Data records
------

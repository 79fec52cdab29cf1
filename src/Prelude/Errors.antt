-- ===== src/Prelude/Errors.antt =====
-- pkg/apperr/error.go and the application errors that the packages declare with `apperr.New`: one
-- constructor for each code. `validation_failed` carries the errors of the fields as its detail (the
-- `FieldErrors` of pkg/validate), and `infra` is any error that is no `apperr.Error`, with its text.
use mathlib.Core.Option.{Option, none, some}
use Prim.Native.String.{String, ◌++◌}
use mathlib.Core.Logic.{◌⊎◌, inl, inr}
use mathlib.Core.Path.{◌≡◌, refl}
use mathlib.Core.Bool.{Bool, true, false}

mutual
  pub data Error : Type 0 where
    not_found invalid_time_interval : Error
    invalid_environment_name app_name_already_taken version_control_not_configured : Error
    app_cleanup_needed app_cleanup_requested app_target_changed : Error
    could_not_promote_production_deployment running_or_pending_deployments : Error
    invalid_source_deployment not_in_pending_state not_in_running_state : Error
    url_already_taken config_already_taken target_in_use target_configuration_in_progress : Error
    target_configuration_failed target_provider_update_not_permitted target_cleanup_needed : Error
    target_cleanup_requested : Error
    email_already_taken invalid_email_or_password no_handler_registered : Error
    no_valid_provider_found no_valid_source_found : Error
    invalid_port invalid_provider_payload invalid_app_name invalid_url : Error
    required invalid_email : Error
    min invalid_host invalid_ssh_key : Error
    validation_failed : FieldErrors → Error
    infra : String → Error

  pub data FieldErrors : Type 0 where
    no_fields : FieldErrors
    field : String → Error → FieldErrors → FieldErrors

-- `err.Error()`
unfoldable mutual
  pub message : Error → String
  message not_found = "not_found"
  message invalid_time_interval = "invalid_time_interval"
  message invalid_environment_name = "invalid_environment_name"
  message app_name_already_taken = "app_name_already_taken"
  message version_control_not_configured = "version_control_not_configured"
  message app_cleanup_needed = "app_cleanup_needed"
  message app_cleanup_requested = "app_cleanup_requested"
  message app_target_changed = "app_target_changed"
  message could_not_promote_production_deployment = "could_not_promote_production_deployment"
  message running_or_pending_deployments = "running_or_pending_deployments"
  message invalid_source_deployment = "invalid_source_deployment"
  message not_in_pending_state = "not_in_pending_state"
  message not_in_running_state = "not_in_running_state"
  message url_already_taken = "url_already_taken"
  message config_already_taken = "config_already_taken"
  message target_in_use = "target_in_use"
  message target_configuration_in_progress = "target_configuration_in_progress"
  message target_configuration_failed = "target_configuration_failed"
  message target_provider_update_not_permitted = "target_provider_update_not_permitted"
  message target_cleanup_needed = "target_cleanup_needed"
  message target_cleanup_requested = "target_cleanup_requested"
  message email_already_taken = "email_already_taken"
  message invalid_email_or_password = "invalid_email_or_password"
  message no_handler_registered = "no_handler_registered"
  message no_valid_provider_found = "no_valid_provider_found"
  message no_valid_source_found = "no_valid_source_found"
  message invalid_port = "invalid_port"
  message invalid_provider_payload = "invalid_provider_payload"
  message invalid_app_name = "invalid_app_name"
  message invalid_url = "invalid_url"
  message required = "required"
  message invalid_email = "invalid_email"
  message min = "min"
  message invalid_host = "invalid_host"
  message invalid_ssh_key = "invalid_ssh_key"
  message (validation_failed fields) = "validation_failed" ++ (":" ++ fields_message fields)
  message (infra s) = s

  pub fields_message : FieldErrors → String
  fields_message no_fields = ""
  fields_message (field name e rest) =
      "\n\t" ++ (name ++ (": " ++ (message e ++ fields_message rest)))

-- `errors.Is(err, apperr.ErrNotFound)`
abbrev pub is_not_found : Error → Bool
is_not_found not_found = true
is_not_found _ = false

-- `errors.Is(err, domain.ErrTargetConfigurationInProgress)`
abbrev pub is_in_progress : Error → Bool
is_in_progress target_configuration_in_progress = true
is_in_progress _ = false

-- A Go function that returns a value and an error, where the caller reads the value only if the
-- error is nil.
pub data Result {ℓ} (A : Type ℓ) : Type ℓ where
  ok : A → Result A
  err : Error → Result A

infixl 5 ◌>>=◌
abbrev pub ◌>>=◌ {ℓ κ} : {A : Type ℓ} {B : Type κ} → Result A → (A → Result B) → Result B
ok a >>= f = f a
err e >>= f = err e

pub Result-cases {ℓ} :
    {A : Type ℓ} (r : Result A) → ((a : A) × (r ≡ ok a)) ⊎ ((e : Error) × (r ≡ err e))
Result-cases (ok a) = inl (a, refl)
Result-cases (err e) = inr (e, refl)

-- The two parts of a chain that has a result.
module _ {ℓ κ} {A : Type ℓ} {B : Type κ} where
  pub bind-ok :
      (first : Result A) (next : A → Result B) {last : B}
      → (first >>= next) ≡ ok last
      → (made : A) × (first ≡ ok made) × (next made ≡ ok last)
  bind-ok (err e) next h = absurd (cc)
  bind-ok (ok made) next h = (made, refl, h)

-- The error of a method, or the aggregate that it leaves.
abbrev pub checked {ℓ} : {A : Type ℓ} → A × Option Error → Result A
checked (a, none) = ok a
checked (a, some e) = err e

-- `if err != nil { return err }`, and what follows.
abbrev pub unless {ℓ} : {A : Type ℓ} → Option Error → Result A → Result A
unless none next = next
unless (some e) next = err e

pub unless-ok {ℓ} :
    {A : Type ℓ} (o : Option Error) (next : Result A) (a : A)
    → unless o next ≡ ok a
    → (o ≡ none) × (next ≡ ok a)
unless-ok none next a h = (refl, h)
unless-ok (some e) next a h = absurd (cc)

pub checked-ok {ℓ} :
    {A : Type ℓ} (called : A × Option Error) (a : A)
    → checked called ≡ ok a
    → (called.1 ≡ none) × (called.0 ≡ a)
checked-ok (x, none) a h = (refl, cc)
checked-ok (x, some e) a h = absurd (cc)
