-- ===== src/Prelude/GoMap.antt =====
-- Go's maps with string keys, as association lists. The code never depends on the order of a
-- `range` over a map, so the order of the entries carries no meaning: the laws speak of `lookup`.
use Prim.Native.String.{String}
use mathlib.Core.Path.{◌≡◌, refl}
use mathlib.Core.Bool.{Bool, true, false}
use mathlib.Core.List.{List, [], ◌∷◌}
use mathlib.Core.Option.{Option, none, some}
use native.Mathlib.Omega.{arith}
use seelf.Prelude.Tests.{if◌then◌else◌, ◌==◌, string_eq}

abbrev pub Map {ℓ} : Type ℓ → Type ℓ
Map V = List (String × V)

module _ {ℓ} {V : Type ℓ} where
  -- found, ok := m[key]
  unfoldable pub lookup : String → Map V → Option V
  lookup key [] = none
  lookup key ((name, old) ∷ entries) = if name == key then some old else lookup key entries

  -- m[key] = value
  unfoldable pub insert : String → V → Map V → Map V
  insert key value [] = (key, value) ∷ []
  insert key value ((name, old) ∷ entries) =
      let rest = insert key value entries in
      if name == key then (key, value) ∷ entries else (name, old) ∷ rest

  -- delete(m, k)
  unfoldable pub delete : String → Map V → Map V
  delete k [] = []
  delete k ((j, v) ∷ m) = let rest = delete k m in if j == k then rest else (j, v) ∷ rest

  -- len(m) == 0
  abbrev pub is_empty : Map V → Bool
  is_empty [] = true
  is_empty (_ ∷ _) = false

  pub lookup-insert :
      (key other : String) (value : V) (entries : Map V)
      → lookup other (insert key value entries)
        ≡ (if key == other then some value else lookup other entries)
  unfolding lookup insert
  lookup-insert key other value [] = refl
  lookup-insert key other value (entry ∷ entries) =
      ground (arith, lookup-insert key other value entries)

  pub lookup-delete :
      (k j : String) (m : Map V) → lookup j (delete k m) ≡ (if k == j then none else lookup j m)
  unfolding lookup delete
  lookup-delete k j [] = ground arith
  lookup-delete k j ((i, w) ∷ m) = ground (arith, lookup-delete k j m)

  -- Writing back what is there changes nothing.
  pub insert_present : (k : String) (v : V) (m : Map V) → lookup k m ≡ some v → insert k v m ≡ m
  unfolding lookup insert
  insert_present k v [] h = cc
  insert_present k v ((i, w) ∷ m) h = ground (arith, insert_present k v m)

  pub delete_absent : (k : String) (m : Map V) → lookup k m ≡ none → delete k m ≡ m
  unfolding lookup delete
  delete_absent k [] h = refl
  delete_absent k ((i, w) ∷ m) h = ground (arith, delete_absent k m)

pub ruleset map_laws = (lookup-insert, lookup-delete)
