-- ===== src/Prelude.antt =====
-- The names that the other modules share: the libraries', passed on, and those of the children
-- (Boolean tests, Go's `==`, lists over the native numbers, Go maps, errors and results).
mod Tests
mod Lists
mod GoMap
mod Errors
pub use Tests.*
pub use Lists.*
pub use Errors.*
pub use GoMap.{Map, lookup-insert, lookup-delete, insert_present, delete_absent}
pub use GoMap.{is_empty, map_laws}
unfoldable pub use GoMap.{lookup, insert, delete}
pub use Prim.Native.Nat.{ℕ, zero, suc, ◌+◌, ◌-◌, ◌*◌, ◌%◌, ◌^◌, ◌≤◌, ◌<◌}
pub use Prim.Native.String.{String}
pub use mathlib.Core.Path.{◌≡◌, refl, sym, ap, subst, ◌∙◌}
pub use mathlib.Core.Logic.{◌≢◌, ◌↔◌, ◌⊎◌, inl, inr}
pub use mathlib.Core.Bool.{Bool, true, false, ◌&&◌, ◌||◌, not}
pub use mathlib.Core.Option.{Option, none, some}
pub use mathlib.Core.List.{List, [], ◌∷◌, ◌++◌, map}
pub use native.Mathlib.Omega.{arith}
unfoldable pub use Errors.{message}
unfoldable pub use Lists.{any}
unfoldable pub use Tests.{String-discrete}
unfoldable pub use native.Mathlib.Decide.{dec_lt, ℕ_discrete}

------

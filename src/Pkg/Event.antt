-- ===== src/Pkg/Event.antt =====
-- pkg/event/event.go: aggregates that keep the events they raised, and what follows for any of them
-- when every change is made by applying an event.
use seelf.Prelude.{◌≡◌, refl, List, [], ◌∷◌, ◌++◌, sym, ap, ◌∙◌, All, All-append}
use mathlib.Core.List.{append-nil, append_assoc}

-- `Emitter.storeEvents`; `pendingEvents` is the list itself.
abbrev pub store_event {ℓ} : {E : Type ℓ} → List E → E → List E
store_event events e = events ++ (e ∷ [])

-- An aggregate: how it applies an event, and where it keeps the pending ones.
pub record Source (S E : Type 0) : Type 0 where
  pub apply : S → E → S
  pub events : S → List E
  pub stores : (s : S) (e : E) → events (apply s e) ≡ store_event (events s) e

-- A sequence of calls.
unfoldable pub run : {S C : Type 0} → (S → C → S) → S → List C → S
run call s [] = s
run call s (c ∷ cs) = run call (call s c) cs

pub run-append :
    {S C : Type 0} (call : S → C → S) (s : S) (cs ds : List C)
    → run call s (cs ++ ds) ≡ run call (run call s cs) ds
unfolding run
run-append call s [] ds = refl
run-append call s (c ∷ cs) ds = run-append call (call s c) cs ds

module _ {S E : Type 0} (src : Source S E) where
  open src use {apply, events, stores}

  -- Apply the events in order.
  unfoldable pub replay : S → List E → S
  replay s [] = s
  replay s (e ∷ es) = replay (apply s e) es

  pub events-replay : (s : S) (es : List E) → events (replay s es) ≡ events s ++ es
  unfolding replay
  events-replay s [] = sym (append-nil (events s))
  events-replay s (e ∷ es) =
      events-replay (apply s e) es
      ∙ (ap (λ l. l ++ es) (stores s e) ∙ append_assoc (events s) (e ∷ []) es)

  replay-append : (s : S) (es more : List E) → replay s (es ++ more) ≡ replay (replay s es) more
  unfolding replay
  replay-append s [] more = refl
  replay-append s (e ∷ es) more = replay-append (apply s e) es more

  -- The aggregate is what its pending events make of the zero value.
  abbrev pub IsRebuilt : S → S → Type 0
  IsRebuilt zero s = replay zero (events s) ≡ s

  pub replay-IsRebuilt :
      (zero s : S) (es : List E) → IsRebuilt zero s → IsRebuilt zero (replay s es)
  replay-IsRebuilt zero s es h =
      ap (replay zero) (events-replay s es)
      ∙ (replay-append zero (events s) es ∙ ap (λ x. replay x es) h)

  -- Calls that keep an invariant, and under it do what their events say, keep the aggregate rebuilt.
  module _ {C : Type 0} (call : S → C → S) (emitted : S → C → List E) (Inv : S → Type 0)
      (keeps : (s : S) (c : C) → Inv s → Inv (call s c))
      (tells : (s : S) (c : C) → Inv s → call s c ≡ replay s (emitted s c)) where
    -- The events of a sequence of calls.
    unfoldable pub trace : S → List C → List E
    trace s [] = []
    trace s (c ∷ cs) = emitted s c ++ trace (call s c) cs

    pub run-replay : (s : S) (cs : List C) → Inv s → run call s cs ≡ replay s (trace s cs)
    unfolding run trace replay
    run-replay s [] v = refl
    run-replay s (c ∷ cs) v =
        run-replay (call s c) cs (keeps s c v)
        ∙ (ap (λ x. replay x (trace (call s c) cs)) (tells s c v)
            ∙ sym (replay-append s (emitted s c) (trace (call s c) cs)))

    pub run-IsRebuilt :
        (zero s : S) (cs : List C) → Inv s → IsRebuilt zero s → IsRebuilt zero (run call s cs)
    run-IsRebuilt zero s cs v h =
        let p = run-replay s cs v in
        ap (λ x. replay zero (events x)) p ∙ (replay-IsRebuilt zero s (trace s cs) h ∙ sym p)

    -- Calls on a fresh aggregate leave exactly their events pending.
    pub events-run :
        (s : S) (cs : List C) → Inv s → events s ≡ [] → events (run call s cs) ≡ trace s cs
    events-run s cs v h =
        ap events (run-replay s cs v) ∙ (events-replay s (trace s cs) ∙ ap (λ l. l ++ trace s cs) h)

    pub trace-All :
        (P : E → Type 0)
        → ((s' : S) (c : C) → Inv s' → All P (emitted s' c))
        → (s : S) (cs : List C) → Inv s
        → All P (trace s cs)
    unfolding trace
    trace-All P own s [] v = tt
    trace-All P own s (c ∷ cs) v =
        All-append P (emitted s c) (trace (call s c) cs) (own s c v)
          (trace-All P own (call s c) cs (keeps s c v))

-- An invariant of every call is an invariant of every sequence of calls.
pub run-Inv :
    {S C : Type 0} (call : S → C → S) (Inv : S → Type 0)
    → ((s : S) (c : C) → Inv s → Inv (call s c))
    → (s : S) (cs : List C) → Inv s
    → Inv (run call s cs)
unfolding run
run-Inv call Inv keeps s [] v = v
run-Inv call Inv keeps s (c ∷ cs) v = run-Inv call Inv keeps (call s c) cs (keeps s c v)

------

Copy out each line in the preceding records that contains "checked".

abbrev pub checked {ℓ} : {A : Type ℓ} → A × Option Error → Result A
checked (a, none) = ok a
checked (a, some e) = err e
pub checked-ok {ℓ} :
    → checked called ≡ ok a
checked-ok (x, none) a h = (refl, cc)
checked-ok (x, some e) a h = absurd (cc)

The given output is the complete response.